-------- Data --------

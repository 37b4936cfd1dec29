-- ===== src/WsJson/Selection.antt =====
-- Which frames a JSON session of a WebSocket selects: the subscription that its client made last, seen as a
-- predicate of events, without the sets and lists that the session keeps.
use mathlib.Core.List.{Mem}
use can_bridge_daemon.Prelude.{
  ◌≡◌, ◌↔◌, ◌⊎◌, inl, inr, refl, sym, ap, subst, Bool, true, false, ◌||◌, String, Option, none,
  some, List, [], ◌∷◌, foldl, All, Result, ok, err, Result-cases, Option-cases, Bool-cases,
  if◌then◌else◌, arith,
}
use can_bridge_daemon.Text.{from_utf8}
use can_bridge_daemon.Protocol.{FrameFilter, ClientRequest, Serde}
use can_bridge_daemon.Frame.{FrameEvent}
use can_bridge_daemon.Service.{Ports}
use can_bridge_daemon.Subscription.{contains, insert, update_subscription_set, should_send_frame}
use can_bridge_daemon.Subscription.Selects.{should_send_frame-update}
use can_bridge_daemon.Subscription.Filters.{
  any_matches, is_empty, should_send_filtered, frame_matches_filter, Matches,
  frame_matches_filter_iff,
}
use can_bridge_daemon.WsJson.{
  ready, WsJsonSession, Input, set_ifaces, set_filters, forward, dispatch, handle_text, main_step,
  step_by, step, run,
}

-- One of the filters is met.
abbrev pub SomeMatches : FrameEvent → List FrameFilter → Type 0
SomeMatches ev [] = ⊥
SomeMatches ev (f ∷ filters) = Matches ev f ⊎ SomeMatches ev filters

-- What a client asked for last: nothing, or interfaces with filters.
abbrev pub Active : Type 0
Active = Option (List String × List FrameFilter)

-- The events that it asked for: on one of the interfaces and, where there are filters, met by one of them.
abbrev pub Wanted : Active → FrameEvent → Type 0
Wanted none ev = ⊥
Wanted (some (ifaces, filters)) ev = Mem ev.iface ifaces × ((filters ≡ []) ⊎ SomeMatches ev filters)

-- What a request does to it.
abbrev pub asks : ClientRequest → Active → Active
asks (ClientRequest.subscribe ifaces filters) a = some (ifaces, filters)
asks ClientRequest.unsubscribe a = none
asks _ a = a

any_matches_iff :
    (ev : FrameEvent) (filters : List FrameFilter)
    → (any_matches ev filters ≡ true) ↔ SomeMatches ev filters
unfolding any_matches
any_matches_iff ev [] = (λ h. cc, λ h. absurd h)
any_matches_iff ev (f ∷ filters) =
    let head = frame_matches_filter_iff ev f in
    let tail = any_matches_iff ev filters in
    (
      λ h. elim (Bool-cases (frame_matches_filter ev f)) [
        | inl e ↦ inl (head.0 e)
        | inr e ↦ inr (tail.0 (ground (arith, h, e)))
      ],
      λ h. elim h [ inl m ↦ ground (arith, head.1 m) | inr m ↦ ground (arith, tail.1 m) ],
    )

some_filter :
    (ev : FrameEvent) (filters : List FrameFilter)
    → ((is_empty filters || any_matches ev filters) ≡ true)
      ↔ ((filters ≡ []) ⊎ SomeMatches ev filters)
some_filter ev [] = (λ h. inl refl, λ h. refl)
some_filter ev (f ∷ filters) =
    let any = any_matches_iff ev (f ∷ filters) in
    (λ h. inr (any.0 h), λ h. elim h [ inl e ↦ cc | inr m ↦ any.1 m ])

contains-set :
    (ifaces : List String) (ev : FrameEvent)
    → (contains (foldl insert [] ifaces) ev.iface ≡ true) ↔ Mem ev.iface ifaces
contains-set ifaces ev =
    unfold should_send_frame update_subscription_set in should_send_frame-update [] ifaces ev

both_true : (a b : Bool) → ((if a then b else false) ≡ true) ↔ ((a ≡ true) × (b ≡ true))
both_true a b = ground arith

pub should_send_filtered_iff :
    (ifaces : List String) (filters : List FrameFilter) (ev : FrameEvent)
    → (should_send_filtered (foldl insert [] ifaces) filters ev ≡ true)
      ↔ Wanted (some (ifaces, filters)) ev
unfolding should_send_filtered
should_send_filtered_iff ifaces filters ev =
    let both =
      both_true (contains (foldl insert [] ifaces) ev.iface)
        (is_empty filters || any_matches ev filters) in
    (
      λ h. let (a, b) = both.0 h in ((contains-set ifaces ev).0 a, (some_filter ev filters).0 b),
      λ (m, w). both.1 ((contains-set ifaces ev).1 m, (some_filter ev filters).1 w),
    )

pub should_send_filtered_none :
    (filters : List FrameFilter) (ev : FrameEvent) → should_send_filtered [] filters ev ≡ false
unfolding should_send_filtered contains
should_send_filtered_none filters ev = refl

module _ {W : Type 0} where
  -- The session selects exactly the events that its client wants.
  abbrev pub Refines : Active → WsJsonSession W → Type 0
  Refines a s =
      (ev : FrameEvent) → (should_send_filtered s.subscribed s.filters ev ≡ true) ↔ Wanted a ev

  -- A session in its receive loop that selects so.
  abbrev pub Serves : Active → WsJsonSession W → Type 0
  Serves a s = (s.phase ≡ ready) × Refines a s

module _ {W : Type 0} (ports : Ports W) (serde : Serde) where
  dispatch-Serves :
      (req : ClientRequest) (a : Active) (s : WsJsonSession W)
      → Serves a s
      → Serves (asks req a) (dispatch ports req s)
  unfolding dispatch forward set_ifaces set_filters
  dispatch-Serves (ClientRequest.subscribe ifaces filters) a s (r, h) =
      (r, should_send_filtered_iff ifaces filters)
  dispatch-Serves ClientRequest.unsubscribe a s (r, h) =
      (r, λ ev. (λ e. cc (e, should_send_filtered_none [] ev), λ w. absurd w))
  dispatch-Serves (ClientRequest.ping id) a s (r, h) = (r, h)
  dispatch-Serves _ a s (r, h) = (r, h)

  -- The request of a text, if it is one, and that of a message.
  abbrev pub parsed : Result String ClientRequest → Active → Active
  parsed (ok req) a = asks req a
  parsed (err e) a = a

  abbrev pub decoded : Option String → Active → Active
  decoded none a = a
  decoded (some raw) a = parsed (serde.from_str raw) a

  abbrev pub hears : Active → Input → Active
  hears a (Input.text raw) = parsed (serde.from_str raw) a
  hears a (Input.binary bytes) = decoded (from_utf8 bytes) a
  hears a _ = a

  -- The messages that do not end the session.
  abbrev pub Stays : Input → Type 0
  Stays (Input.text raw) = Unit {0}
  Stays (Input.binary bytes) = Unit {0}
  Stays Input.control = Unit {0}
  Stays _ = ⊥

  handle_text-Serves :
      (raw : String) (a : Active) (s : WsJsonSession W)
      → Serves a s
      → Serves (parsed (serde.from_str raw) a) (handle_text ports serde raw s)
  unfolding handle_text
  handle_text-Serves raw a s h = elim (Result-cases (serde.from_str raw)) [
    | inl (req, e) ↦ rw (e, handle_text) (dispatch-Serves req a s h)
    | inr (x, e) ↦ rw (e, handle_text) h
  ]

  main_step-Serves :
      (input : Input) (a : Active) (s : WsJsonSession W)
      → Stays input
      → Serves a s
      → Serves (hears a input) (main_step ports serde s input)
  unfolding main_step
  main_step-Serves (Input.text raw) a s stays h = handle_text-Serves raw a s h
  main_step-Serves (Input.binary bytes) a s stays h = elim (Option-cases (from_utf8 bytes)) [
    | inl e ↦ rw (e, main_step) h
    | inr (raw, e) ↦ rw (e, main_step) (handle_text-Serves raw a s h)
  ]
  main_step-Serves Input.control a s stays h = h
  main_step-Serves Input.close a s stays h = absurd stays
  main_step-Serves Input.receive_error a s stays h = absurd stays
  main_step-Serves Input.no_message a s stays h = absurd stays
  main_step-Serves Input.timeout a s stays h = absurd stays

  step_ready :
      (input : Input) (s : WsJsonSession W)
      → s.phase ≡ ready
      → step ports serde s input ≡ main_step ports serde s input
  unfolding step
  step_ready input s r = ap (λ p. step_by ports serde p s input) r

  -- From a session in its main loop that selects exactly what its client asked for last: whatever the messages of
  -- the client are, of those that do not end the session, it goes on to select exactly the events that
  -- the client asked for last. Those are the events on one of the interfaces of its last subscription
  -- and met by one of its filters, where it gave some; and none before a first subscription or after an
  -- unsubscription.
  pub run-Serves :
      (inputs : List Input) (a : Active) (s : WsJsonSession W)
      → All Stays inputs
      → Serves a s
      → Serves (foldl hears a inputs) (run ports serde s inputs)
  unfolding run
  run-Serves [] a s stays h = h
  run-Serves (input ∷ inputs) a s (stays, rest) h =
      run-Serves inputs (hears a input) (step ports serde s input) rest (
        subst (Serves (hears a input)) (sym (step_ready input s h.0))
          (main_step-Serves input a s stays h))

--------

> [What the exercise asks] With the first line being the one containing "abbrev pub hears : Active → Input → Active" and the last line the one containing "-- the client asked", transcribe exactly the lines above that fall in that range.

> [Completed task]
  abbrev pub hears : Active → Input → Active
  hears a (Input.text raw) = parsed (serde.from_str raw) a
  hears a (Input.binary bytes) = decoded (from_utf8 bytes) a
  hears a _ = a

  -- The messages that do not end the session.
  abbrev pub Stays : Input → Type 0
  Stays (Input.text raw) = Unit {0}
  Stays (Input.binary bytes) = Unit {0}
  Stays Input.control = Unit {0}
  Stays _ = ⊥

  handle_text-Serves :
      (raw : String) (a : Active) (s : WsJsonSession W)
      → Serves a s
      → Serves (parsed (serde.from_str raw) a) (handle_text ports serde raw s)
  unfolding handle_text
  handle_text-Serves raw a s h = elim (Result-cases (serde.from_str raw)) [
    | inl (req, e) ↦ rw (e, handle_text) (dispatch-Serves req a s h)
    | inr (x, e) ↦ rw (e, handle_text) h
  ]

  main_step-Serves :
      (input : Input) (a : Active) (s : WsJsonSession W)
      → Stays input
      → Serves a s
      → Serves (hears a input) (main_step ports serde s input)
  unfolding main_step
  main_step-Serves (Input.text raw) a s stays h = handle_text-Serves raw a s h
  main_step-Serves (Input.binary bytes) a s stays h = elim (Option-cases (from_utf8 bytes)) [
    | inl e ↦ rw (e, main_step) h
    | inr (raw, e) ↦ rw (e, main_step) (handle_text-Serves raw a s h)
  ]
  main_step-Serves Input.control a s stays h = h
  main_step-Serves Input.close a s stays h = absurd stays
  main_step-Serves Input.receive_error a s stays h = absurd stays
  main_step-Serves Input.no_message a s stays h = absurd stays
  main_step-Serves Input.timeout a s stays h = absurd stays

  step_ready :
      (input : Input) (s : WsJsonSession W)
      → s.phase ≡ ready
      → step ports serde s input ≡ main_step ports serde s input
  unfolding step
  step_ready input s r = ap (λ p. step_by ports serde p s input) r

  -- From a session in its main loop that selects exactly what its client asked for last: whatever the messages of
  -- the client are, of those that do not end the session, it goes on to select exactly the events that
  -- the client asked for last. Those are the events on one of the interfaces of its last subscription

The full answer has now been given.